LL  \ low     (grave accent) governs child on right

LH \/ rising  (caron) governs no child

HH /  high    (acute accent) governs child on left

HL /\ falling (circumflex) governs children on left & right

Both t2 and t4 get rising tone, t1 gets low tone and t3 gets falling.  I paired each tone with a node type based on the shape of the corresponding diacritic; the shape of each diacritic encodes which children are governed, except the rising tone, which corresponds to having no children.

t1(è) t2(ě) t3(ê) t4(ě)

Getting back the original tree ((t1 t2)(t3 t4)) requires an interpretation rule: A right branch takes precedence over a left branch.  Thus, t1 pairs with t2, and t3 with t4.  This rule follows precisely because we initially raised the left terminal of each terminal node (lowest level nodes).  If we change the way we raise heads, we may have to change the interpretation rules, though I have not worked out every possible permutation  The other interpretation rule - for this example - is that right branches group to the right. 

What I did next is experiment a bit using a simplified Lojban-like language:

lò brà brě brì brô lò brù drà drě

= ((lò (brà brě)) ((brì brô) (lò (brù (drà drě)))))

In order to pull this off, we are forced to add a new raising operation and interpretation rule for left branching:  Terminals marked as having left branches do not signify that the terminal by itself governs the node to the left.  Rather, a left branch signifies that the entire right-branching structure of which the marked terminal is the final part governs that branch.  In other words,  (t1 ((t2 t3) t4)), shown here with t2 already raised...

        /\
       / /\
      / t2 \
     /    \ \
    t1    t3 t4

...can be re-written:
       
      (t2\t3)
       /   \
      t1   t4

Where (t2\t3) indicates that the structure containing t2 as head has, as a whole, itself been raised to head, first over t4, and then over t1.  Since t2 governs t3, it must be t3 that carries the tone indicating the left & right branch.  Of course, in order to get back to the original tree the other detail is that a double-branch is understood always as first branching to the right and then to the left.

Other than this left-branching rule, the language is mostly right-branching.  A modifying predicate (seltau) governs the predicate phrase (tanru) that it forms from another predicate phrase (tertau), and the article serves as the head of an argument.  It has to be this way because a no terminal can serve as head for more than one child per side.  So the rightmost predicate cannot be the head of each subsequent predicate phrase formed each time an adjective is added.  Instead, the bare predicate is a leaf and everything that comes before is a head (for purposes of forming the tree, maybe not semantics, or maybe semantics too depending how you look at it). 

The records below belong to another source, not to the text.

-- ===== src/Tests/Metrics.antt =====
-- The parameters of requests, the index, the memory and the metrics at concrete inputs.
use deals_server.Prelude.{
  ℕ, ◌-◌, ◌^◌, ◌*◌, ◌≤◌, ◌<◌, ◌≡◌, ◌↔◌, refl, true, false, [], ◌∷◌, none, some, Text, codes, ok,
  arith, text_eq,
}
use deals_server.Prelude.Decimal.{read_digits}
use deals_server.Types.Params.{Object, ObjectMap, lookup, optional, required}
use deals_server.Utils.Strings.{split_string, split_loop, starts_with, find, to_upper_case}
use deals_server.Utils.Numbers.{stol, signed, magnitude, skip_spaces}
use deals_server.Utils.Calendar.{month_offset, from_monday, day_of_week}
use deals_server.Types.Iata.{
  IataCode, iata_of_text, origin_to_code, iata_eq, iatas_of_text, iata_insert_all, iata_insert,
  iata_contains,
}
use deals_server.Types.Country.{
  country_of_text, country_to_code, countries_of_text, country_insert_all, country_insert,
  countries, search_country, pairs,
}
use deals_server.Types.Date.{
  Date, undefined_date, date_of_text, date_to_int, erase, parsed_date, compare_dates, weekday,
}
use deals_server.Types.Scalars.{Number, Boolean, number_of_text, boolean_of_text}
use deals_server.Types.Weekdays.{
  Weekdays, weekdays_of_text, weekdays_bitmask, join_days, weekdays_of_date,
}
use deals_server.Deals.Info.{DealInfo}
use deals_server.Server.Parameters.{
  Addition, add_deal_parameters, TopRequest, top_parameters, checked_parameters,
}
use deals_server.Server.Parameters.Records.{IsRecord, add_deal-IsRecord}
use deals_server.Server.Parameters.Checks.{InOrder}
use deals_server.Server.Parameters.Windows.{window, departure_dates-checked_parameters}
use deals_server.Query.Search.{fresh}
use deals_server.Query.Setters.{departure_dates, return_dates}
use deals_server.Tests.Requests.{garbage}
use deals_server.Deals.Adding
use deals_server.Deals.Adding.{Stored}
use deals_server.Memory.Space.{Statvfs, is_mem_available, is_mem_low}
use deals_server.Memory.Space.Percents.{is_mem_low-is_mem_available}
use deals_server.Statsd.{Rate, Client, Network}

abbrev some_space : Statvfs
some_space = record { f_bavail = 15; f_blocks = 100 }

is_mem_low-is_mem_available_example :
    ((is_mem_available some_space ≡ some true) ↔ (11 * 100 ≤ 100 * 15))
    × ((is_mem_low some_space ≡ some true) ↔ (100 * 15 < 16 * 100))
is_mem_low-is_mem_available_example =
    is_mem_low-is_mem_available some_space (omega arith) (omega arith) (omega arith)

abbrev client : Client
client = record {
  sock = none;
  ns = codes "deals.";
  host = codes "localhost";
  port = 8125;
  is_init = false;
}

abbrev network : Network
network = record { socket = some 3; inet_aton = false; getaddrinfo = true; sends = true }

abbrev rate : Rate
rate = record { is_one = true; is_drawn = false; text = codes "1.00" }

abbrev given : Text → Text → Object
given name value = record { name = name; value = value }

abbrev of_top : ObjectMap
of_top =
    given (codes "origin") (codes "MOW")
    ∷ given (codes "departure_date_from") (codes "2016-05-01")
    ∷ given (codes "departure_date_to") (codes "2016-05-10")
    ∷ []

abbrev date_is : ℕ → ℕ → ℕ → ℕ → Date
date_is code day month year = record {
  paramter_undefined = false;
  code = code;
  day = day;
  month = month;
  year = year;
}

abbrev place : ℕ → IataCode
place code = record { paramter_undefined = false; code = code }

abbrev no_number : Number
no_number = record { paramter_undefined = true; value = 0 }

abbrev no_boolean : Boolean
no_boolean = record { paramter_undefined = true; value = false }

abbrev no_weekdays : Weekdays
no_weekdays = record { paramter_undefined = true; bitmask = 0 }

abbrev pub top_request : TopRequest
top_request = record {
  request = record {
    origin = place 1464814848;
    destinations = record { paramter_undefined = true; codes = [] };
    destination_countries = record { paramter_undefined = true; codes = [] };
    departure_date_from = date_is 20160501 1 5 2016;
    departure_date_to = date_is 20160510 10 5 2016;
    departure_days_of_week = no_weekdays;
    return_date_from = undefined_date;
    return_date_to = undefined_date;
    return_days_of_week = no_weekdays;
    stay_from = no_number;
    stay_to = no_number;
    direct_flights = no_boolean;
    limit = no_number;
    max_lifetime_sec = no_number;
    roundtrip_flights = no_boolean;
    departure_or_return_date = undefined_date;
    all_combinations = no_boolean;
  };
  add_locale_top = no_boolean;
  group_by_date = no_boolean;
  group_by_country = no_boolean;
  locale = record {
    base = record { paramter_undefined = true; code = 0 };
    parameter_name = codes "locale";
    parameter_value = [];
  };
}

departure_dates-checked_parameters_example :
    (departure_dates (fresh garbage) (date_is 20160501 1 5 2016) (date_is 20160510 10 5 2016)
      ≡ ok (record (fresh garbage) {
        filter_departure_date = true;
        departure_date_values = window (date_is 20160501 1 5 2016) (date_is 20160510 10 5 2016);
      }))
    × (return_dates (fresh garbage) undefined_date undefined_date ≡ ok (fresh garbage))
    × (20160501 ≤ 20160510)
    × (0 ≤ 2 ^ 32 - 1)
    × (20160501 ≤ 2 ^ 32 - 1)
    × InOrder (date_is 20160501 1 5 2016) undefined_date
    × InOrder (date_is 20160510 10 5 2016) undefined_date
unfolding checked_parameters top_parameters lookup text_eq iata_of_text origin_to_code to_upper_case
    date_of_text date_to_int erase parsed_date stol signed magnitude skip_spaces read_digits
    compare_dates optional required iatas_of_text split_string split_loop starts_with find
    iata_insert_all iata_insert iata_contains country_of_text country_to_code countries_of_text
    country_insert_all country_insert weekdays_of_text weekdays_bitmask join_days number_of_text
    boolean_of_text
departure_dates-checked_parameters_example =
    departure_dates-checked_parameters of_top top_request (fresh garbage) refl

abbrev of_deal : ObjectMap
of_deal =
    given (codes "departure_date") (codes "2016-05-01")
    ∷ given (codes "return_date") (codes "2016-05-10")
    ∷ given (codes "price") (codes "9000")
    ∷ given (codes "locale") (codes "RU")
    ∷ given (codes "destination_country") (codes "FR")
    ∷ given (codes "origin") (codes "MOW")
    ∷ given (codes "destination") (codes "PAR")
    ∷ given (codes "direct_flight") (codes "true")
    ∷ []

abbrev addition : Addition
addition = record {
  deal = record {
    origin = place 1464814848;
    destination = place 1380012032;
    destination_country = record { paramter_undefined = false; code = 75 };
    departure_date = date_is 20160501 1 5 2016;
    return_date = date_is 20160510 10 5 2016;
    direct_flight = record { paramter_undefined = false; value = true };
    price = record { paramter_undefined = false; value = 9000 };
  };
  locale = record { paramter_undefined = false; code = 184 };
}

abbrev stored : Stored
stored = record { page_name = codes "D:0"; index = 0; size = 3 }

add_deal-IsRecord_example :
    (info : DealInfo) × (Adding.add_deal 100 stored addition.deal ≡ some (ok info))
    × IsRecord 100 stored addition.deal info
unfolding add_deal_parameters iata_eq countries search_country pairs weekdays_of_date weekday
    day_of_week month_offset from_monday lookup text_eq iata_of_text origin_to_code to_upper_case
    date_of_text date_to_int erase parsed_date stol signed magnitude skip_spaces read_digits
    compare_dates optional required iatas_of_text split_string split_loop starts_with find
    iata_insert_all iata_insert iata_contains country_of_text country_to_code countries_of_text
    country_insert_all country_insert weekdays_of_text weekdays_bitmask join_days number_of_text
    boolean_of_text
add_deal-IsRecord_example =
    add_deal-IsRecord 100 stored of_deal addition
      (record { paramter_undefined = false; bitmask = 64 })
      (record { paramter_undefined = false; bitmask = 2 }) refl refl refl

In practice, it does seem to get complicated.  Frankly after all this work I see little advantage to these tree-encoding approaches; I am able to eliminate the [cu] selbri separator and probably [be], but I can not get rid of "lo".  The reason is because although the tones are capable of determining the binary tree hierarchy, they encode no information about the syntactic category of the terminal, so articles are needed to distinguish arguments from a predicates.  On the other hand, the surface valency of all selbri are now marked.  What follows is the language description in a nutshell.

Here are the basic syntactic types:

A = argument i.e. sumti
P = predicate i.e. selbri
S = sentence i.e. bridi

Basic types are combined into complex types as follows: If X, Y, are Z are types, then X/Y, Y\Z, and X/Y\Z are also types, where X is the left-child type, Z is the right-child type, and Y is the type resulting from the combination.

Some morphophonology:
CV + caron = type A (note that lǒ = Lojban zo'e)
CV + grave = type A\P or A\S (article i.e. gadri)
CCV + caron = type P or S (basic predicate i.e. brivla)
CCV + grave = type P\P or S\A or S\S
CCV + circumflex = type A/S\A
CCV + acute = type A/S